Before the beam turns on, the machine uses onboard imaging to verify your position. This process, called image-guided radiation therapy (IGRT), allows the clinical team to adjust your setup and correct for any shifts in the tumor’s position from day to day. Older systems relied on low-resolution X-ray images or cone-beam CT scans for this step.
MRI-Guided Linacs
A newer generation of machines combines a linac with an MRI scanner in one unit. These hybrid systems can image soft tissues in real time while delivering radiation, something conventional CT-based linacs cannot do. MRI provides higher-resolution images of soft tissue without using additional ionizing radiation, which is particularly valuable for tumors in the abdomen, pelvis, and brain where cone-beam CT images often suffer from artifacts caused by air pockets and scattered radiation.

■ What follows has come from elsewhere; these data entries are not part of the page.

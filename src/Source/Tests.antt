-- ===== src/Source/Tests.antt =====
-- src/source.hpp and src/source.cpp on a file of ten bytes, in chunks of four.
use neptools.Prelude.{◌≡◌, refl, [], ◌∷◌, ◌++◌, arith, take, drop, if◌then◌else◌, leb}
use neptools.Prelude.Bytes.{Bytes}
use neptools.Prelude.Result.{ok, err, ◌>>=◌, assertion}
use neptools.Source.{Source, pread, read, sub_source}
use neptools.Source.Reads.{IsWindow, window, pread-window, read-read, sub_source-window}
use neptools.Source.Provider.{LowIo, new_lru, pread_cached, dump_chunks}
use neptools.Source.Provider.Chunks.{new_lru-IsLru}
use neptools.Source.Provider.Cached.{Gives, pread_cached-Gives}
use neptools.Source.Provider.Dumped.{dump_chunks-Gives}

abbrev ten_bytes : Bytes
ten_bytes = 10 ∷ 11 ∷ 12 ∷ 13 ∷ 14 ∷ 15 ∷ 16 ∷ 17 ∷ 18 ∷ 19 ∷ []

abbrev six_bytes : Source
six_bytes = record { contents = ten_bytes; offset = 2; size = 6; get = 1 }

six_bytes-IsWindow : IsWindow six_bytes
six_bytes-IsWindow = record { fits = omega arith; addressable = omega arith }

pread-window_example :
    pread 1 3 six_bytes
    ≡ (if leb 4 6 then ok (take 3 (drop 1 (window six_bytes))) else err assertion)
pread-window_example = pread-window six_bytes 1 3 six_bytes-IsWindow (omega arith)

read-read_example :
    (read 2 six_bytes >>= λ (a, t). read 3 t >>= λ (b, u). ok (a ++ b, u)) ≡ read 5 six_bytes
read-read_example = read-read six_bytes 2 3 six_bytes-IsWindow (omega arith)

sub_source-window_example :
    (t : Source) × (sub_source six_bytes 1 4 ≡ ok t)
    × IsWindow t
    × (window t ≡ take 4 (drop 1 (window six_bytes)))
    × (t.get ≡ 0)
    × (t.size ≡ 4)
sub_source-window_example = sub_source-window six_bytes 1 4 six_bytes-IsWindow (omega arith)

abbrev file_io : LowIo
file_io = record {
  file = ten_bytes;
  pread = λ offs len. take len (drop offs ten_bytes);
  pread_lem = λ offs len h. refl;
}

pread_cached-Gives_example : Gives file_io 3 6 (pread_cached file_io 4 6 3 6 new_lru)
pread_cached-Gives_example =
    pread_cached-Gives file_io 4 (omega arith) 6 3 6 new_lru (omega arith) (omega arith)
      (new_lru-IsLru file_io)

dump_chunks-Gives_example : Gives file_io 2 7 (dump_chunks file_io 4 7 2 7 0 new_lru)
dump_chunks-Gives_example =
    dump_chunks-Gives file_io 4 (omega arith) 2 7 (omega arith) 7 0 new_lru (omega arith)
      (new_lru-IsLru file_io)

The practical benefit is significant: the treatment team can see the tumor and nearby organs while the beam is on, monitor breathing and organ movement as it happens, and even adapt the treatment plan on the spot while the patient is still on the table. This real-time visibility allows for beam gating, where the machine only fires when the tumor is in the correct position during the breathing cycle. Conventional linacs with CT-based imaging can approximate this, but they lack the soft tissue contrast needed to track many tumors with the same precision.
The Room Around the Machine
Because a linac produces high-energy radiation, it operates inside a heavily shielded room called a vault. The walls and ceiling are made of dense concrete, typically around 120 centimeters (about 4 feet) thick for the primary barriers that face the direct beam, and somewhat thinner for secondary barriers that only need to block scattered radiation. The concrete used is specially formulated with a density of about 2.35 grams per cubic centimeter. Even the maze-like entrance corridor is designed to prevent radiation from reaching the hallway outside, with walls ranging from 30 to 70 centimeters thick depending on their line of sight to the beam.
The machine also undergoes daily quality assurance checks. Medical physicists verify that the X-ray output for every energy level stays within 3% of the expected value. These checks ensure the dose patients receive matches what their treatment plan prescribes.
Linacs Outside of Medicine
While cancer treatment is the most familiar application, linacs serve a wide range of purposes in other fields. In particle and nuclear physics, they accelerate particles for experiments that probe the fundamental structure of matter. They also power light sources that produce intense X-ray beams used across many scientific disciplines, from structural biology to materials science.
Industrial linacs use electron beams to modify material properties: cross-linking plastics for products like shrink wrap, hardening the surfaces of artificial joint components, sterilizing medical equipment, and irradiating food to destroy pathogens. In the semiconductor industry, ion-beam accelerators (a related technology) are essential for manufacturing computer chips. National security applications include cargo inspection at ports, where linacs generate the penetrating radiation needed to scan shipping containers, as well as characterizing nuclear materials for stockpile stewardship programs.
The Department of Energy estimates that hundreds of industrial processes worldwide rely on particle accelerators, making them one of the more quietly ubiquitous technologies in modern life.